What should you expect during a I-751 interview at USCIS?
Technically, every I-751 applicant who wishes to change their conditional residence status is supposed to attend an in-person interview with the USCIS.
However, in reality, the USCIS will waive the need for an interview and most couples will not have to attend. This decision is made on a case-by-case basis, dependent on your situation and the quality of your I-751 submission.
The USCIS is looking for evidence of a bona fide marriage during this process. They may call you and your spouse in for a joint interview, or they may call the applicant in alone if a waiver is requested.
The USCIS requires an interview for 4 reasons:
- To determine whether your marriage is/was made in good faith
- To investigate potential inadmissibility. This happens if you or your spouse has a criminal record or did not disclose another issue when filing the I-751 form.
- To evaluate other eligibility grounds (including abuse)

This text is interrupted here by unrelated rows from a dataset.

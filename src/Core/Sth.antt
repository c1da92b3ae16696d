-- ===== src/Core/Sth.antt =====
-- crates/settled-core/src/sth.rs: what is signed of a tree head.
pub mod Payload
use settled.Prelude.{ℕ, ◌++◌, Bool, be_bytes, ℤ, bit_pattern}
use settled.Core.Hash.{Bytes, Hash}
use settled.Core.Ed25519.{Ed25519}

-- tree_size (u64 BE) || root_hash (32 bytes) || timestamp_ns (i64 BE).
unfoldable pub signing_payload : ℕ → Hash → ℤ → Bytes
signing_payload tree_size root_hash timestamp_ns =
    be_bytes 8 tree_size ++ (root_hash ++ be_bytes 8 (bit_pattern timestamp_ns))

module _ (e : Ed25519) where
  unfoldable pub sign_tree_head : e.SigningKey → ℕ → Hash → ℤ → Bytes
  sign_tree_head key tree_size root_hash timestamp_ns =
      e.sign key (signing_payload tree_size root_hash timestamp_ns)

  unfoldable pub verify_tree_head : e.VerifyingKey → ℕ → Hash → ℤ → Bytes → Bool
  verify_tree_head key tree_size root_hash timestamp_ns signature =
      e.verify key (signing_payload tree_size root_hash timestamp_ns) signature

- You and your spouse were chosen at random for an interview
If you and/or your spouse are called in for an interview by the USCIS, you should prepare thoroughly for the occasion. If you can, find and bring other documents or evidence of the legitimacy of your marriage. For the best chance to do well during this interview, contact an experienced immigration attorney to help you prepare.
What do I do if the USCIS denied my Petition to Remove Conditions?
After you submit your I-751 Petition to Remove Conditions, you will receive a letter in the mail from the USCIS stating whether you were approved or denied. If your I-751 Petition was denied, the USCIS will also provide a reason for their decision and a Notice to Appear (NTA) in immigration court to begin removal proceedings.
If your petition was denied, you will be placed in deportation. However, you must still attend your hearing. You can also use this hearing as a second chance to establish the legitimacy of your case. With an excellent immigration attorney at your side, you may have the chance to change your status.
Common reasons you may have been denied for I-751 are:
- Inadequate evidence of a bona fide marriage: If the USCIS does not believe that you provided enough evidence to prove that your marriage was made in good faith, your petition could be denied.
- Incorrect filing: If you do not adhere to the strict time frame when filing your I-751 petition, you could be rejected. This includes filing too early as well as too late. If you file too early, you will be rejected. If you file too late, your petition will be denied and you will begin the deportation process.
- You are not qualified for a change in status: The USCIS has strict rules governing who is qualified to change their residence status. If you committed marriage fraud or immigration violations, your petition will be rejected. If you have a criminal record, you may also be denied.
If the USCIS denies your I-751 petition, you will no longer have lawful residency in the United States. This means you cannot work or travel, and may not be able to continue living in this country.
Because of this, it is very important to submit a well-polished, robust I-751 petition with plenty of evidence of your bona fide marriage.